Where all parties prefer that she remains the legal mother (as is usually the case in customary Māori whāngai arrangements within an extended family), this could be done instead. It would form part of the overall aim of supporting Māori to act in accordance with tikanga - that is, in a way that is culturally proper or appropriate. Current law does not provide this support.
ECART approval
The administrative pathway would require ECART to approve all clinic surrogacy arrangements, both gestational and traditional.
Prior approval is a proactive safeguard that protects the rights and interests of the surrogate, the intended parents and any resulting child. It reduces the risk of problems arising during and after pregnancy by ensuring that a surrogacy arrangement only proceeds when all the protective requirements have been met.
The existing rigorous process includes medical and other assessments, wide-ranging counselling, and legal advice. This clearly works: there has been only one report so far of an approved arrangement coming to grief (when serious unforeseen prenatal depression, apparently inadequately treated, led to termination of the pregnancy).

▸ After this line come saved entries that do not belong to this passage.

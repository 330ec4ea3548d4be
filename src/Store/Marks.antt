-- ===== src/Store/Marks.antt =====
-- The marks of coverage of internal/store only move one way.
use mulligan.Base.{Option, none, some, arith}
use mulligan.Base.Int.{ℤ, ◌≤ℤ◌}
use mulligan.Store.Schema.{Key, Text, Tables, Sqlite, cast_integer}
use mulligan.Store.Append.{raise_to}

module _ (sql : Sqlite) where
  -- What a key of `meta` holds is at least `z`.
  abbrev pub AtLeast : ℤ → Option Text → Type 0
  AtLeast z none = ⊥
  AtLeast z (some t) = z ≤ℤ cast_integer sql t

  pub raise_to-AtLeast :
      (k j : Key) (when z : ℤ) (t : Tables)
      → AtLeast z (t.meta j)
      → AtLeast z ((raise_to sql k when t).meta j)
  unfolding raise_to
  raise_to-AtLeast k j when z t h = ground arith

The review recommends a written plan which covers informing the child, an appeal process, and better ECART resourcing, urgently needed for the system to work as well as possible. For non-clinic traditional surrogacy arrangements, Government should consider how to encourage use of the approval process, including 'whether parties should be supported to apply directly to ECART', giving them access to the administrative pathway.
Identity issues
Unlike the UK, since 2020 New Zealand has not required intending parents to have a genetic connection with embryos used in domestic surrogacy. Anonymous donors of gametes and embryos are not permitted in domestic clinic treatments. When clinic donations result in children, the details are recorded on the official Donor Register. A recommended new Surrogacy Register would give surrogacy-born people rights to information and access similar to those of the donor-conceived. It is implied (but not stated) that surrogates, like donors, would have related rights too.
- Court pathway
The court pathway of applying for a parentage order would be required where the conditions for the administrative pathway are not met. This covers all cases without prior approval from ECART, including non-clinic traditional surrogacy and international arrangements, as well as 'the unlikely event of a dispute arising over legal parenthood' after the birth. The review emphasises that this is very rare:
'We are only aware of one legal parenthood dispute in Aotearoa New Zealand, and that arose in a private, traditional surrogacy arrangement that did not go through the ECART process. We are not aware of any ECART-approved surrogacy arrangement resulting in a dispute.'
The Family Court 'must be satisfied that making a parentage order is in the best interests of the child'. The review recommends 11 'relevant considerations' (strongly supported by submitters) which must be taken into account.
This review is generally seen as providing a comprehensive blueprint for the best possible legal support and protection of the rights and well-being of the children being created through surrogacy and all the adults directly involved. It was widely expected that the government would draft its own bill based on it.
Instead, the health committee received approval to amend the IAS bill using review recommendations – a massive task. Its report has been delayed until 4 August 2023. This means that no new surrogacy (or adoption) legislation will get through before the October general election.
What would happen if the New Zealand National Party leads the next government is unclear. In the past, the party has been reluctant to tackle such urgently needed reforms. Shelving them at this late stage would be damaging for all concerned.
A Labour-led government will intend to fulfil its earlier promises. But it could take yet another round of public and professional pressure to ensure that it finally does so by passing well-grounded new legislation as quickly as possible.